苦悩と焦燥②
……ついにこの瞬間が来てしまった。
現在、私がいるのは私の住むマンションの805号室前。例の彼の家だ。ちなみに私は404号室に住んでいる。
とにかく行くのが嫌すぎて、私は寄り道をしまくった。いろんなスーパーをハシゴしたり、本屋に行ったり、、、
しかし、もう逃げられない。外も暗くなってきてしまったし。
「ふぅぅぅぅーー。」
…覚悟をきめてインターホンを押す。
ピンポーン♪
…………………。
反応がない。もう一度押すか。
ピンポーン♪
…………………………………。
また反応がない。どうしよう。
……帰ろっかな。プリントはドアポストにつっこんでおけばいいし。
そう思って、ドアポストにプリントの束をつっこもうとしたが、なかなか入らない。
どうやらドアポストの中はチラシなどでパンパンのようだ。
「えええ、どうすればいいんだ……。」
なんとなく、ドアノブをひねってみる。
……ガチャ。
「あ、開いちゃった!?」
えー……開くわけないと思いながら、ひねってみただけなのに。不用心だなぁ。
チラッと中をのぞいてみる。…私、今、ヤバいことをしているのでは。まあ、玄関にプリント達は置いていけばいいか。メモとか添えてね。

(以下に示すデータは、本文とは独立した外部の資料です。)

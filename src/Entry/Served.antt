-- ===== src/Entry/Served.antt =====
-- A request to a pair, in any state of the driver.
use ghostcom.Base.{ℕ, ◌≡◌, refl, sym, subst, true, false, Bool-cases, inl, inr}
use ghostcom.Base.{List, [], ◌∷◌, some}
use ghostcom.Status.{device_not_connected}
use ghostcom.Wdf.{Wdf, Completion, complete}
use ghostcom.Pair.{PortPair}
use ghostcom.Table.{Driver}
use ghostcom.Transfer.{Ends}
use ghostcom.Transfer.Steps.{Ends-map}
use ghostcom.Session.{Event, request_of, gets_through, cancelled, serve}
use ghostcom.Session.Calm.{IsKept}
use ghostcom.Session.Run.{serve-IsKept}
use ghostcom.Entry.Owned.{Held}
use ghostcom.Entry.Owned.Serving.{serve-inactive}
use ghostcom.Entry.Fine.{Files}
use ghostcom.Entry.Service.{Serves, Serves-IsServed}

module _ (wdf : Wdf) (comm_prop : List ℕ) where
  open wdf use {Queue, Request}

  -- What a request does to a pair in memory, active or not.
  abbrev pub IsAnswered :
      PortPair Queue → Event Request → PortPair Queue × List (Completion Request) → Type 0
  IsAnswered pp event out =
      (pp.active ≡ true → IsKept wdf pp (request_of event ∷ []) (cancelled wdf pp event) out)
      × (pp.active ≡ false → out ≡ (pp, complete (request_of event) device_not_connected ∷ []))

  -- In any state that the driver reaches by such steps, a request of either side to a pair in
  -- memory comes to an end: no handler uses a queue that is not there. On an active pair the
  -- request and those that waited are each completed, cancelled or waiting, once, and the
  -- pair keeps what holds between two requests; on an inactive pair the request is completed
  -- with STATUS_DEVICE_NOT_CONNECTED and nothing else is done. A read or a write is of one
  -- byte at least.
  pub Serves-IsAnswered :
      {d : Driver Queue} {files : Files} (p : ℕ) (pp : PortPair Queue) (event : Event Request)
      → Serves wdf comm_prop d files
      → d.heap p ≡ some pp
      → gets_through event ≡ true
      → Ends (IsAnswered pp event) (serve wdf comm_prop pp event)
  Serves-IsAnswered {d} {files} p pp event s there h =
      let owned =
        subst (λ o. Held wdf o (files.com_open p) (files.comp_open p)) there
          ((Serves-IsServed wdf comm_prop s).1 p) in
      elim (Bool-cases pp.active) [
        | inr off ↦
            subst (λ result. Ends (IsAnswered pp event) result)
              (sym (serve-inactive wdf comm_prop pp event off))
              (λ on. absurd (cc (on, off)), λ _. refl)
        | inl on ↦
            Ends-map (serve wdf comm_prop pp event)
              (λ out k. (λ _. k, λ off. absurd (cc (on, off))))
              (serve-IsKept wdf comm_prop pp event h (owned.ready on).2)
      ]
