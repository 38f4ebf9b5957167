-- ===== src/Auth/Service/Login.antt =====
-- Registration and login.
use mathlib.Core.Path.{subst}
use pcos.Prelude.{
  ℕ, zero, suc, length, ◌≡◌, ◌≢◌, ◌⊎◌, ◌↔◌, refl, sym, ap, ◌∙◌, List, [], ◌∷◌, ◌++◌, Option, none,
  some, Bool, true, false, ◌||◌, arith, All, All-append, Text, codes, text_eq_iff, text_eq_self,
  text_ne, text_eq_ne, any, any_skip, ltb, if◌then◌else◌, is_empty, trim, Bool-cases, Option-cases,
  inl, inr,
}
use pcos.Common.Error.{AppError}
use pcos.Common.Result.{AppResult, ok, err, ◌>>=◌, ◌>>◌, reject_if, ok_injective}
use pcos.Common.Validation.{validate_email, validate_password, byte_length}
use pcos.Common.Jwt.{AuthConfig, TokenPair, generate_token_pair}
use pcos.Auth.{User, Accounts, find_user, log_audit}
use pcos.Auth.Mfa.{verify_totp}
use pcos.Auth.Service.{
  Services, Fresh, RegisterRequest, LoginRequest, AuthResponse, or_blank, or_internal, has_email,
  is_active_user, normalized, store_refresh_token, role_for, check_register, issue, register,
  check_mfa, login_user, login, user_count,
}

-- What has passed when a registration is accepted.
accepted :
    (a b : AppResult (Unit {0})) (c d : Bool) (e1 e2 e3 : AppError) (h : Option Text)
    (role : AppResult Text) (row : Text → Text → User) (user : User)
    → (a
        >> (b
            >> (reject_if c e1
                >> (reject_if d e2
                    >> (or_internal e3 h >>= λ hash. role >>= λ r. ok (row hash r))))))
      ≡ ok user
    → (d ≡ false)
      × (hash : Text) × (r : Text) × (h ≡ some hash)
      × (role ≡ ok r)
      × (row hash r ≡ user)
accepted (err e) b c d e1 e2 e3 h role row user p = absurd (ground arith)
accepted (ok _) (err e) c d e1 e2 e3 h role row user p = absurd (ground arith)
accepted (ok _) (ok _) true d e1 e2 e3 h role row user p = absurd (ground arith)
accepted (ok _) (ok _) false true e1 e2 e3 h role row user p = absurd (ground arith)
accepted (ok _) (ok _) false false e1 e2 e3 none role row user p = absurd (ground arith)
accepted (ok _) (ok _) false false e1 e2 e3 (some hash) (err e) row user p = absurd (ground arith)
accepted (ok _) (ok _) false false e1 e2 e3 (some hash) (ok r) row user p =
    (refl, hash, r, refl, refl, ok_injective p)

abbrev pub HasOtherEmail : Text → User → Type 0
HasOtherEmail email u = u.email ≢ email

no_email :
    (email : Text) (us : List User)
    → any (has_email email) us ≡ false
    → All (HasOtherEmail email) us
no_email email [] h = tt
no_email email (u ∷ us) h = elim (Bool-cases (has_email email u)) [
  | inl e ↦ absurd (ground arith)
  | inr e ↦ (
    λ same. let q = (text_eq_iff u.email email).1 same in ground arith,
    no_email email us (sym (any_skip (has_email email) u us e) ∙ h),
  )
]

pub find_user-new :
    (email : Text) (us : List User) (u : User)
    → All (HasOtherEmail email) us
    → is_active_user email u ≡ true
    → find_user (is_active_user email) (us ++ u ∷ []) ≡ some u
unfolding find_user
find_user-new email [] u h e = rw e refl
find_user-new email (v ∷ us) u h e =
    let other = text_eq_ne v.email email h.0 in rw other (find_user-new email us u h.1 e)

-- Which accounts the table has.
abbrev pub HasUniqueEmails : List User → Type 0
HasUniqueEmails [] = Unit
HasUniqueEmails (u ∷ us) = All (HasOtherEmail u.email) us × HasUniqueEmails us

snoc-HasUniqueEmails :
    (us : List User) (u : User)
    → All (HasOtherEmail u.email) us
    → HasUniqueEmails us
    → HasUniqueEmails (us ++ u ∷ [])
snoc-HasUniqueEmails [] u l h = (tt, tt)
snoc-HasUniqueEmails (v ∷ us) u l h = (
  All-append (HasOtherEmail v.email) us (u ∷ []) h.0 (λ e. l.0 (sym e), tt),
  snoc-HasUniqueEmails us u l.1 h.1,
)

user_not_admin : codes "user" ≢ codes "admin"
user_not_admin = text_ne (codes "user") (codes "admin") refl

code_passed :
    (blank valid : Bool) (a b : AppError × Option Text)
    → ◌≡◌ {A = Option (AppError × Option Text)}
        (if blank then some a else if valid then none else some b)
        none
    → valid ≡ true
code_passed true valid a b h = absurd (ground arith)
code_passed false true a b h = refl
code_passed false false a b h = absurd (ground arith)

only_admin :
    (b : Bool) (e : AppError) (r : Text)
    → (reject_if b e >> ok (codes "admin")) ≡ ok r
    → r ≡ codes "admin"
only_admin true e r h = absurd (ground arith)
only_admin false e r h = sym (ok_injective h)
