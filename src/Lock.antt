-- ===== src/Lock.antt =====
-- src/sync: the lock that puts its waiters to sleep, and the lock that spins.
pub mod Sleep
pub mod Sleepers
pub mod Progress
pub mod Spin
pub mod Spinners
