-- ===== src/Lock/Sleep.antt =====
-- src/sync/sleep.rs: SleepLock, and the tasks that lock it, each identified by its waker. A task that is
-- woken polls again, and one that waits may be polled without that, as `block_on` of src/executor/mod.rs does.
use mankoros.Base.{
  ℕ, ◌≡◌, Bool, true, false, if◌then◌else◌, update, Option, none, some, List, [], ◌∷◌, ◌++◌, ◌⊎◌,
}

pub record SleepLockInner : Type 0 where
  pub holding : Bool
  pub waiting : List ℕ

unfoldable pub new : SleepLockInner
new = record { holding = false; waiting = [] }

-- `poll` of the future of a task: whether it is ready, with the guard
unfoldable pub poll : SleepLockInner → ℕ → Bool × SleepLockInner
poll inner waker =
    if inner.holding
    then (false, record inner { waiting = inner.waiting ++ waker ∷ [] })
    else (true, record inner { holding = true })

abbrev pub pop_front : SleepLockInner → List ℕ → Option ℕ × SleepLockInner
pop_front inner [] = (none, inner)
pop_front inner (w ∷ ws) = (some w, record inner { waiting = ws })

-- the drop of the guard: the task that is woken
unfoldable pub drop_guard : SleepLockInner → Option ℕ × SleepLockInner
drop_guard inner = pop_front (record inner { holding = false }) inner.waiting

-- what a task does with the lock
pub data TaskState : Type 0 where
  away : TaskState
  runs_lock : TaskState
  sleeps : TaskState
  owns : TaskState

pub record System : Type 0 where
  pub inner : SleepLockInner
  pub tasks : ℕ → TaskState

unfoldable pub start : System
start = record { inner = new; tasks = λ t. away }

-- a task that waits for its waker is polled again; the waker of any other does nothing
abbrev pub woken : TaskState → TaskState
woken away = away
woken runs_lock = runs_lock
woken sleeps = runs_lock
woken owns = owns

abbrev pub wake : Option ℕ → (ℕ → TaskState) → ℕ → TaskState
wake none tasks = tasks
wake (some w) tasks = update tasks w (woken (tasks w))

-- a step of one task: it calls `lock`, is polled, also where its waker was not called,
-- drops the future, which leaves its wakers in the queue, or drops the guard
pub data Step : System → System → Type 0 where
  asks :
      {s : System} (t : ℕ)
      → s.tasks t ≡ away
      → Step s (record s { tasks = update s.tasks t runs_lock })
  polled :
      {s : System} (t : ℕ)
      → (s.tasks t ≡ runs_lock) ⊎ (s.tasks t ≡ sleeps)
      → Step s (record {
        inner = (poll s.inner t).1;
        tasks = update s.tasks t (if (poll s.inner t).0 then owns else sleeps);
      })
  gives_up :
      {s : System} (t : ℕ)
      → (s.tasks t ≡ runs_lock) ⊎ (s.tasks t ≡ sleeps)
      → Step s (record s { tasks = update s.tasks t away })
  drops :
      {s : System} (t : ℕ)
      → s.tasks t ≡ owns
      → Step s (record {
        inner = (drop_guard s.inner).1;
        tasks = wake (drop_guard s.inner).0 (update s.tasks t away);
      })

pub data Steps : System → System → Type 0 where
  stay : {s : System} → Steps s s
  step : {s t u : System} → Step s t → Steps t u → Steps s u
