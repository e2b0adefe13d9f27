-- ===== src/Lock/Progress.antt =====
-- A task that is polled without being woken leaves a waker behind, which takes the turn of another one.
use mankoros.Base.{ℕ, if◌then◌else◌, update}
use mankoros.Lock.Sleep.{poll, drop_guard, away, runs_lock, sleeps, owns, System, start, wake}

-- the states of the run: `o` takes the lock, `b` waits and is polled once more, `u` waits; `o` drops the guard,
-- `b` is woken, takes the lock and drops it, which wakes `b` once more
abbrev does_ask : System → ℕ → System
does_ask s t = record s { tasks = update s.tasks t runs_lock }

abbrev does_poll : System → ℕ → System
does_poll s t = record {
  inner = (poll s.inner t).1;
  tasks = update s.tasks t (if (poll s.inner t).0 then owns else sleeps);
}

abbrev does_drop : System → ℕ → System
does_drop s t = record {
  inner = (drop_guard s.inner).1;
  tasks = wake (drop_guard s.inner).0 (update s.tasks t away);
}

abbrev before_drops : ℕ → ℕ → ℕ → System
before_drops o b u =
    does_poll (does_ask (does_poll (does_poll (does_ask (does_poll (does_ask start o) o) b) b) b) u)
      u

ドアの隙間からはリビングと、奥にはベランダが見える。ベランダには人影が………って、いるじゃん!?陽道潤!!!
インターホン2回も鳴らしたのに無視しやがって!
陽道君はベランダから街の風景を眺めているようだ。
私が声をかけようか、もう一度インターホンを押そうか迷っていたその時だった。
陽道君はベランダの柵にのぼりだした。
「……は?」
これって、明らかにやばい場面だよね?
脳裏には月城の言葉がよぎる。
普通の人が妖怪と契約すると、、、
「精神を病んで自傷行動をしたり、他人を殺そうとしたり、最悪、自殺をしてしまう。」
自殺……!?
私は無意識に駆け出していた。
彼は柵の上に立つ。そして片足を空に向かって投げ出したところで、ギリギリ私が彼のシャツを掴む。
「馬鹿か!あんたは!」
「……!」
グイッと思いっきり引っ張ったため、彼は私の方に倒れてきた。
私の上に彼の体が降ってくる。
ドン!
……その音を合図に私は自分の意識を手放した。